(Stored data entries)

· · · · · · ·

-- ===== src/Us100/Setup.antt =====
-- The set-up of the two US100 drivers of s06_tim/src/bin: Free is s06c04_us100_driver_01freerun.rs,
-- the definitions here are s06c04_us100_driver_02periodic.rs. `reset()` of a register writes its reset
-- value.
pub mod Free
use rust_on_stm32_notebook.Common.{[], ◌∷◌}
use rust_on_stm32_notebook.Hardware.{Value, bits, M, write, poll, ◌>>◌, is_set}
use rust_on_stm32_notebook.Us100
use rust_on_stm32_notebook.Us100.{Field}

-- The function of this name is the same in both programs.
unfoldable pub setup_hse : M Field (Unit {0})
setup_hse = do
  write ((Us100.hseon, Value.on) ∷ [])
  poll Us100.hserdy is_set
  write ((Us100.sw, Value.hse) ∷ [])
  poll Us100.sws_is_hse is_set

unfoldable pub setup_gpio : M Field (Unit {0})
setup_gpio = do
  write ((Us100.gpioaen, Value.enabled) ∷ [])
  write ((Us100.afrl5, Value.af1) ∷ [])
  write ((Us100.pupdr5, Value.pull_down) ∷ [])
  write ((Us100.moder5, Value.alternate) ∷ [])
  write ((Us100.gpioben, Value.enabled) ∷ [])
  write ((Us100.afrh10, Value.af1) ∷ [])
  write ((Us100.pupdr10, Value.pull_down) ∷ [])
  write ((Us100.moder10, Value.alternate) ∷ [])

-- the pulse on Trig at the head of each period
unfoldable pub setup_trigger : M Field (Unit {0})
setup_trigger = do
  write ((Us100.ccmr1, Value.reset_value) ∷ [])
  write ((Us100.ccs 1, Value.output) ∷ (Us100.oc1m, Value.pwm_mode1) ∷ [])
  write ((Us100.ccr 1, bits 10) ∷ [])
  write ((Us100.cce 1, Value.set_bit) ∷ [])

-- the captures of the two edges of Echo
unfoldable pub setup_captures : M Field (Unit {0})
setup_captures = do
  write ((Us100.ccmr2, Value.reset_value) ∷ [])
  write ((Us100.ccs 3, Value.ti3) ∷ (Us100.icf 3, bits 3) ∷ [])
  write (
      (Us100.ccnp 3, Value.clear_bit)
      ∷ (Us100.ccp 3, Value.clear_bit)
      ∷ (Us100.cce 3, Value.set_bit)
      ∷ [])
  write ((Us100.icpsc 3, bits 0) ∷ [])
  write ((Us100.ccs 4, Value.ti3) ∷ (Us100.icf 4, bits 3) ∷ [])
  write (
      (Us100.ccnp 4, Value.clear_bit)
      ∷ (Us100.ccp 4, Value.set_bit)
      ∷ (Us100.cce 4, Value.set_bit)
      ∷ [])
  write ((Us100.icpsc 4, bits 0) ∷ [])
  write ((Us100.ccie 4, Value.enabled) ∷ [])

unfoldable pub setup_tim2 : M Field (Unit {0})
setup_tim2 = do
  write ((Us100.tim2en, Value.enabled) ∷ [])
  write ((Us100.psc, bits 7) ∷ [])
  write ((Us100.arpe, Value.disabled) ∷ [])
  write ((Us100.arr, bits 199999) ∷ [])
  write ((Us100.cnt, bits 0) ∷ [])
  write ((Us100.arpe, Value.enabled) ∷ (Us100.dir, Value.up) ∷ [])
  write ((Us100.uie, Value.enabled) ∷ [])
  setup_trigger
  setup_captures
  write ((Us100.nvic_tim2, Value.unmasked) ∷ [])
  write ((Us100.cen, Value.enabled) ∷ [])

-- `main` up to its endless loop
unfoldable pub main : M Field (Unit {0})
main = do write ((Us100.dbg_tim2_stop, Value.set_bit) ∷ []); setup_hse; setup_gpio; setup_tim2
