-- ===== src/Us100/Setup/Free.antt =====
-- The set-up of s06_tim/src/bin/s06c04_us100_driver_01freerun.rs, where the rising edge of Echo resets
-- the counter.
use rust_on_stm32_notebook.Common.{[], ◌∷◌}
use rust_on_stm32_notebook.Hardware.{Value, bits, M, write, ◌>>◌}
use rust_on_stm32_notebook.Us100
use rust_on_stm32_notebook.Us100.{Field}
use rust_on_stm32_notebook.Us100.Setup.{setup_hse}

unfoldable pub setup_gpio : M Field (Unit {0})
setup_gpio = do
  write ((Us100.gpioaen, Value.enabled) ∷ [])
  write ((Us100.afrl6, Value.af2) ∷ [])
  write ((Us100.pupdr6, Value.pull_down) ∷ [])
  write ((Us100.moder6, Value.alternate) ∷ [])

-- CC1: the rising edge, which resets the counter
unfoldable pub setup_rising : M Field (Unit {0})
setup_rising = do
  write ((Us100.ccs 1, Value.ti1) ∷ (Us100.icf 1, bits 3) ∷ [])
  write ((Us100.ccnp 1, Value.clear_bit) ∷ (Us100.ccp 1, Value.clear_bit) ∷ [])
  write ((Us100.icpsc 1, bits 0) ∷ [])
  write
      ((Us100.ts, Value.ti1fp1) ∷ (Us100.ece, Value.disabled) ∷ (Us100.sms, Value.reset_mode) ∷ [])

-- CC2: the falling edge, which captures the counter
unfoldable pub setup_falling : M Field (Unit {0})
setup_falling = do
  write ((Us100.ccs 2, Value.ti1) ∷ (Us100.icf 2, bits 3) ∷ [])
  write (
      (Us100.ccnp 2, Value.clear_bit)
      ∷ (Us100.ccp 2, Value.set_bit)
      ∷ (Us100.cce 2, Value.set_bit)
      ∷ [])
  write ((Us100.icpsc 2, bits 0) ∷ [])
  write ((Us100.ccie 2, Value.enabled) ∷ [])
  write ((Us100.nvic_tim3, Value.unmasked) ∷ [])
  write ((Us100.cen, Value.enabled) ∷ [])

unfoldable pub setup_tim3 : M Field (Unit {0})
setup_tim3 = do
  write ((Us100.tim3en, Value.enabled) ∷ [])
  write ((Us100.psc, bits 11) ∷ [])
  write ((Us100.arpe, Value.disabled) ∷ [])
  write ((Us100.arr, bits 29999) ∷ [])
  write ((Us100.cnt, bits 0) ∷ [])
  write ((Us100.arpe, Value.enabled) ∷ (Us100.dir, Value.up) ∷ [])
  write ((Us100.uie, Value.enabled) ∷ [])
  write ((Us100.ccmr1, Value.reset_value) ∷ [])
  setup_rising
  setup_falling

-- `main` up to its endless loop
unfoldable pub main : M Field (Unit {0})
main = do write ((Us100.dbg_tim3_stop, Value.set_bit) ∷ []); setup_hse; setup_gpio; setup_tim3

· · · · · · ·

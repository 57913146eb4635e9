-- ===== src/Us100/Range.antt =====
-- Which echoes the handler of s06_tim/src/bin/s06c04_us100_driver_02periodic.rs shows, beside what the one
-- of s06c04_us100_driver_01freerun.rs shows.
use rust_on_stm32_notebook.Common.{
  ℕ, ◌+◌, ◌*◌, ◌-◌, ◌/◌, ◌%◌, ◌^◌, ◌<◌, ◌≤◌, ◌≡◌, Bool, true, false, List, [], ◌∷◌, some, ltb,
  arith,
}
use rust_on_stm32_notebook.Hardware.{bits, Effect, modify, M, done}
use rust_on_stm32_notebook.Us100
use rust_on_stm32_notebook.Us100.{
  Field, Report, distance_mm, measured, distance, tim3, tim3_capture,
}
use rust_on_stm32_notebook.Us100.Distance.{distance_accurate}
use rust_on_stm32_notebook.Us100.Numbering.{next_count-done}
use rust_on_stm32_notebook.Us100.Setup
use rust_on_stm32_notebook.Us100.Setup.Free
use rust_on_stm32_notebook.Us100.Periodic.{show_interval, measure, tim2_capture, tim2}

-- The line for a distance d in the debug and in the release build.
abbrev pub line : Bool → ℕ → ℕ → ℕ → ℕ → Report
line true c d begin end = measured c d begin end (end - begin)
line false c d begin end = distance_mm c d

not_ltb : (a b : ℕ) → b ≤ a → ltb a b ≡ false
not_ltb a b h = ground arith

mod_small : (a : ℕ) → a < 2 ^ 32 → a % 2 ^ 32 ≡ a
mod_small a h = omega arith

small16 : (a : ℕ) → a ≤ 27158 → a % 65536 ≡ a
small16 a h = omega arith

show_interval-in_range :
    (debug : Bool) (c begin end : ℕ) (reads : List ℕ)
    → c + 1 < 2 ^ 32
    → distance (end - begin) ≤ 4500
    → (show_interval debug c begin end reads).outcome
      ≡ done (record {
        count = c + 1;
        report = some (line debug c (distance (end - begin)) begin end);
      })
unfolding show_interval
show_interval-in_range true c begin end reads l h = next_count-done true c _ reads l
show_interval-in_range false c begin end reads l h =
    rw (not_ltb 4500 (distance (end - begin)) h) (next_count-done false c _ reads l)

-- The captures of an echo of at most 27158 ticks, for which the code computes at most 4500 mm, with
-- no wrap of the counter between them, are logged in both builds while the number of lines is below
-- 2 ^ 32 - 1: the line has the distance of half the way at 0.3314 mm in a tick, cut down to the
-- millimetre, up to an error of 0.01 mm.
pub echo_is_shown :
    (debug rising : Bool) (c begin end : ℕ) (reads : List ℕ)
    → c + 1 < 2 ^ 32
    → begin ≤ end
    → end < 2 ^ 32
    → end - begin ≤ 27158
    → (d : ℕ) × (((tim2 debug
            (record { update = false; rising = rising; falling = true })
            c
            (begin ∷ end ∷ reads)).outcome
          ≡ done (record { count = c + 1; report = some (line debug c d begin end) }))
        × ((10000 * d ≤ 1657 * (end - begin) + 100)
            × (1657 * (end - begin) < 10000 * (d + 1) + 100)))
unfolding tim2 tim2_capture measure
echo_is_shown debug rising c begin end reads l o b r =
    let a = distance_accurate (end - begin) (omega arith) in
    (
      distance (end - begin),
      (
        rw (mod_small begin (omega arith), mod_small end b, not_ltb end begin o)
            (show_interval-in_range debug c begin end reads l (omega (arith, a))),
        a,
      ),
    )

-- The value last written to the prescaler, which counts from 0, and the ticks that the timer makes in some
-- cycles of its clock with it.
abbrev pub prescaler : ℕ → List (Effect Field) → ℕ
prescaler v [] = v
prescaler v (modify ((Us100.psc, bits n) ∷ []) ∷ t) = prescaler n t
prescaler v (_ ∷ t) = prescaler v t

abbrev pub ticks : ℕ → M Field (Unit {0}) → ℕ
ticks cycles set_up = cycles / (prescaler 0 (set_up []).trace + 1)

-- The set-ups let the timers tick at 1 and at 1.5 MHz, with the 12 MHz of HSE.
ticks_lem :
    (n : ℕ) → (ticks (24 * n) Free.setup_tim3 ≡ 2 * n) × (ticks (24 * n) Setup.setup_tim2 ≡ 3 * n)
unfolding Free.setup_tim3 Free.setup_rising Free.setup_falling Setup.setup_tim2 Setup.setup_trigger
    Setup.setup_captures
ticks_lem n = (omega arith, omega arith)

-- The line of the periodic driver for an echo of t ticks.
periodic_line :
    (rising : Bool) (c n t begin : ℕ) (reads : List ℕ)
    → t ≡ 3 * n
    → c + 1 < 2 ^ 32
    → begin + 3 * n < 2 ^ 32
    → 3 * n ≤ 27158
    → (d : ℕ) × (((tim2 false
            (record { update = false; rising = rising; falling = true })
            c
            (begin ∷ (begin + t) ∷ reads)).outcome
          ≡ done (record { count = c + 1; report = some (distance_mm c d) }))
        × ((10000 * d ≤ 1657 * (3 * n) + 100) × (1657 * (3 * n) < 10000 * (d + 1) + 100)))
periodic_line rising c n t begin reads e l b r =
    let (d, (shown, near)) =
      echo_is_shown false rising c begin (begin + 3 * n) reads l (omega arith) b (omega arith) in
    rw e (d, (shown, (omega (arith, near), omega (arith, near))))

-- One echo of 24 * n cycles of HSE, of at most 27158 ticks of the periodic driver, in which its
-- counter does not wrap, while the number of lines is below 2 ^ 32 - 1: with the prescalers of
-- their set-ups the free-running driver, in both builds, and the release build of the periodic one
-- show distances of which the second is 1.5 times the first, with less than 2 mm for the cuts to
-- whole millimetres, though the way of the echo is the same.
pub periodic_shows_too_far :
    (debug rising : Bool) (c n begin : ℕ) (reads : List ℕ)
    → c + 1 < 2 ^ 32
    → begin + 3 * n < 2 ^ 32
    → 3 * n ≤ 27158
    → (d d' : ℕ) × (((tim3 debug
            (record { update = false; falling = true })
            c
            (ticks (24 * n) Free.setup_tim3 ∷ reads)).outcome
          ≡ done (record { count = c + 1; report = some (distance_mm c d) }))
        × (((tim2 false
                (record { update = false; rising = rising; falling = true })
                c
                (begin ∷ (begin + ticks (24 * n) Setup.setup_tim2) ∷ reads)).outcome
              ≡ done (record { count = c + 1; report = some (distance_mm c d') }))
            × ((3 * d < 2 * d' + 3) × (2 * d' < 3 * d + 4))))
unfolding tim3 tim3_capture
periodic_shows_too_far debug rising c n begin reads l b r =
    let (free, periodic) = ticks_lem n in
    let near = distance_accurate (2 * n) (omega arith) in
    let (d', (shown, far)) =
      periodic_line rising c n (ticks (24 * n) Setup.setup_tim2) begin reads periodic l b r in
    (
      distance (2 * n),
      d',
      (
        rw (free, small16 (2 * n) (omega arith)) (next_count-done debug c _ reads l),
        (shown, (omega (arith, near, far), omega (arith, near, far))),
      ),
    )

· · · · · · ·

* **Task goal**:
Please give an exact copy of the lines above, beginning with the line containing "abbrev pub ticks" and running through the line containing "(begin ∷ (begin + ticks", and of no other lines.

* **Output**:
abbrev pub ticks : ℕ → M Field (Unit {0}) → ℕ
ticks cycles set_up = cycles / (prescaler 0 (set_up []).trace + 1)

-- The set-ups let the timers tick at 1 and at 1.5 MHz, with the 12 MHz of HSE.
ticks_lem :
    (n : ℕ) → (ticks (24 * n) Free.setup_tim3 ≡ 2 * n) × (ticks (24 * n) Setup.setup_tim2 ≡ 3 * n)
unfolding Free.setup_tim3 Free.setup_rising Free.setup_falling Setup.setup_tim2 Setup.setup_trigger
    Setup.setup_captures
ticks_lem n = (omega arith, omega arith)

-- The line of the periodic driver for an echo of t ticks.
periodic_line :
    (rising : Bool) (c n t begin : ℕ) (reads : List ℕ)
    → t ≡ 3 * n
    → c + 1 < 2 ^ 32
    → begin + 3 * n < 2 ^ 32
    → 3 * n ≤ 27158
    → (d : ℕ) × (((tim2 false
            (record { update = false; rising = rising; falling = true })
            c
            (begin ∷ (begin + t) ∷ reads)).outcome
          ≡ done (record { count = c + 1; report = some (distance_mm c d) }))
        × ((10000 * d ≤ 1657 * (3 * n) + 100) × (1657 * (3 * n) < 10000 * (d + 1) + 100)))
periodic_line rising c n t begin reads e l b r =
    let (d, (shown, near)) =
      echo_is_shown false rising c begin (begin + 3 * n) reads l (omega arith) b (omega arith) in
    rw e (d, (shown, (omega (arith, near), omega (arith, near))))

-- One echo of 24 * n cycles of HSE, of at most 27158 ticks of the periodic driver, in which its
-- counter does not wrap, while the number of lines is below 2 ^ 32 - 1: with the prescalers of
-- their set-ups the free-running driver, in both builds, and the release build of the periodic one
-- show distances of which the second is 1.5 times the first, with less than 2 mm for the cuts to
-- whole millimetres, though the way of the echo is the same.
pub periodic_shows_too_far :
    (debug rising : Bool) (c n begin : ℕ) (reads : List ℕ)
    → c + 1 < 2 ^ 32
    → begin + 3 * n < 2 ^ 32
    → 3 * n ≤ 27158
    → (d d' : ℕ) × (((tim3 debug
            (record { update = false; falling = true })
            c
            (ticks (24 * n) Free.setup_tim3 ∷ reads)).outcome
          ≡ done (record { count = c + 1; report = some (distance_mm c d) }))
        × (((tim2 false
                (record { update = false; rising = rising; falling = true })
                c
                (begin ∷ (begin + ticks (24 * n) Setup.setup_tim2) ∷ reads)).outcome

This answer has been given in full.